# [Directions for this task]
Beginning with the line containing "ap (λ D. visit_steps", give every line again exactly as it is, ending with the last line of the entries.

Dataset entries
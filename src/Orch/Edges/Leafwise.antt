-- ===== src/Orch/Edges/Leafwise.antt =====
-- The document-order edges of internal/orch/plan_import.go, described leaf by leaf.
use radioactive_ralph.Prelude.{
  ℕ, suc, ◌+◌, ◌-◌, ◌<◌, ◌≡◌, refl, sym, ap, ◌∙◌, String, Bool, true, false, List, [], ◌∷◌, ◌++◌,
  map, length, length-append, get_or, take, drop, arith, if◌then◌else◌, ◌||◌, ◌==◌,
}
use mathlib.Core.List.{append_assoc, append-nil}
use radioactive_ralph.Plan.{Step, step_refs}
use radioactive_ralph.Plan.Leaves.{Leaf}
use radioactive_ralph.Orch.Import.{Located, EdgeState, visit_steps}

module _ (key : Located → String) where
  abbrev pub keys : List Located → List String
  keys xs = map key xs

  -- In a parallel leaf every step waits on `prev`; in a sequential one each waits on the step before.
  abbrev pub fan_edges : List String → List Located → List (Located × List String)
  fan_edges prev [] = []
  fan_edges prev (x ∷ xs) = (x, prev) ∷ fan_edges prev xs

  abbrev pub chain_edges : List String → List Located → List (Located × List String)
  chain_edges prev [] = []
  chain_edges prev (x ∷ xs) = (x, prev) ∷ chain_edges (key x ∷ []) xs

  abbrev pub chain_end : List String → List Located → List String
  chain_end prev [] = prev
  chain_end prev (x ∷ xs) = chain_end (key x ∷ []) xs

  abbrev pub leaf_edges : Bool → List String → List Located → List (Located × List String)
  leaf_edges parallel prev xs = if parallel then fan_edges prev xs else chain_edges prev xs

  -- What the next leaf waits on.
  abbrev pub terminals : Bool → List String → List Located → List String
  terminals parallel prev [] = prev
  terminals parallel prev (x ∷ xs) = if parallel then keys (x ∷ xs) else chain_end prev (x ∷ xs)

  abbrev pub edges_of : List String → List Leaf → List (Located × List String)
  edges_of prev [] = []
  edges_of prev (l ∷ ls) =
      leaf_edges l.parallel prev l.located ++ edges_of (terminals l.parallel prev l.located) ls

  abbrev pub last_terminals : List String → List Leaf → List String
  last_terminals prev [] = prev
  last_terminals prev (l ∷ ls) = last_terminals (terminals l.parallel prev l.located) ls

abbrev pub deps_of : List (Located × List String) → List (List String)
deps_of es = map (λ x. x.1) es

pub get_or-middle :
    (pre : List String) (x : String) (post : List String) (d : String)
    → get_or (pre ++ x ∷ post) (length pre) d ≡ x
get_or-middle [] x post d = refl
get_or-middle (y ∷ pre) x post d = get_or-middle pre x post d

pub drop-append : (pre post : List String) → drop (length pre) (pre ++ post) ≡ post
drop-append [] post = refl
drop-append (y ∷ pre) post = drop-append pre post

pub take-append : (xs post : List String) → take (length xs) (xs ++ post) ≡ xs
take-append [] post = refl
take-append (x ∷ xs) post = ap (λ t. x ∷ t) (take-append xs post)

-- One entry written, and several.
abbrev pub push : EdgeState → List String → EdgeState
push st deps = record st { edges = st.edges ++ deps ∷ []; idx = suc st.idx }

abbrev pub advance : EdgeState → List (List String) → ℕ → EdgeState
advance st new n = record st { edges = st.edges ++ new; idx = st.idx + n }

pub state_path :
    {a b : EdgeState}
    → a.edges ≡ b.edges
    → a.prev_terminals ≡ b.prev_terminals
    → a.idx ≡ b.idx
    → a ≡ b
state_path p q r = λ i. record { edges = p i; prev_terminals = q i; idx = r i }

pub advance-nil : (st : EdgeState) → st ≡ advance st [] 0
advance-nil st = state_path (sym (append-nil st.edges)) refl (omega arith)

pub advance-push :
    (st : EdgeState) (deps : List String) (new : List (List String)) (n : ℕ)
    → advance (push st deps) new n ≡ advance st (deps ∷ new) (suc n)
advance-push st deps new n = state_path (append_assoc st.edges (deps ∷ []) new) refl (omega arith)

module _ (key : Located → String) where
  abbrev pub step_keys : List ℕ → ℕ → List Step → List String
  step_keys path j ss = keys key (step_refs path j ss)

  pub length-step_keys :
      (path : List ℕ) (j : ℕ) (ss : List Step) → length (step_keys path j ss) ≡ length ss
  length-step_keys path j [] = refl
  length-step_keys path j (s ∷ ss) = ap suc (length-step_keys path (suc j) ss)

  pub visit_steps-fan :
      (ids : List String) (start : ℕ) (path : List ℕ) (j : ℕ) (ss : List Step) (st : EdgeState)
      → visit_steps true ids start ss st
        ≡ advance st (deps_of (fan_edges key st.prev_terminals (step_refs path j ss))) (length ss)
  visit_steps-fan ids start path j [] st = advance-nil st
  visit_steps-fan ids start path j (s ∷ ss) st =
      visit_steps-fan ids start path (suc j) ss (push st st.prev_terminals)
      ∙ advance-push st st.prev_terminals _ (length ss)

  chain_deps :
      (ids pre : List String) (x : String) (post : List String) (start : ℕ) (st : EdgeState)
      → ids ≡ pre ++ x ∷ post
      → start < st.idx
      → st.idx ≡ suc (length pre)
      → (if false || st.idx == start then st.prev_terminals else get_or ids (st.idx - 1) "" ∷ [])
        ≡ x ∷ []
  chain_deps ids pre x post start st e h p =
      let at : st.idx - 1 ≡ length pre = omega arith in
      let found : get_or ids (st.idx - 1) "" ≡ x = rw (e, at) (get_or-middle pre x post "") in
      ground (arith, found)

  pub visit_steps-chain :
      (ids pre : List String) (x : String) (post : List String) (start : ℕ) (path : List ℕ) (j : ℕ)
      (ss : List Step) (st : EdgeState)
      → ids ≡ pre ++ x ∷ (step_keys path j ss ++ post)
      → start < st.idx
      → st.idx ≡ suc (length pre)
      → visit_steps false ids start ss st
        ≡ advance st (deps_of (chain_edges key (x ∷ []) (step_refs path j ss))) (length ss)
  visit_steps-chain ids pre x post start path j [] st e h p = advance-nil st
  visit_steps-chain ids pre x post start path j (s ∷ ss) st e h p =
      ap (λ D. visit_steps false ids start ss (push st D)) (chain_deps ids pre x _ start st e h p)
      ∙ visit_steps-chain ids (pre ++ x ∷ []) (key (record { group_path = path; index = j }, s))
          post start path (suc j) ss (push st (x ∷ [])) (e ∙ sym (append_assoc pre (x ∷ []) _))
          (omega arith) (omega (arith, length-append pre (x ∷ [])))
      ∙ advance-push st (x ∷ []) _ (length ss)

# [Task result]
      ap (λ D. visit_steps false ids start ss (push st D)) (chain_deps ids pre x _ start st e h p)
      ∙ visit_steps-chain ids (pre ++ x ∷ []) (key (record { group_path = path; index = j }, s))
          post start path (suc j) ss (push st (x ∷ [])) (e ∙ sym (append_assoc pre (x ∷ []) _))
          (omega arith) (omega (arith, length-append pre (x ∷ [])))
      ∙ advance-push st (x ∷ []) _ (length ss)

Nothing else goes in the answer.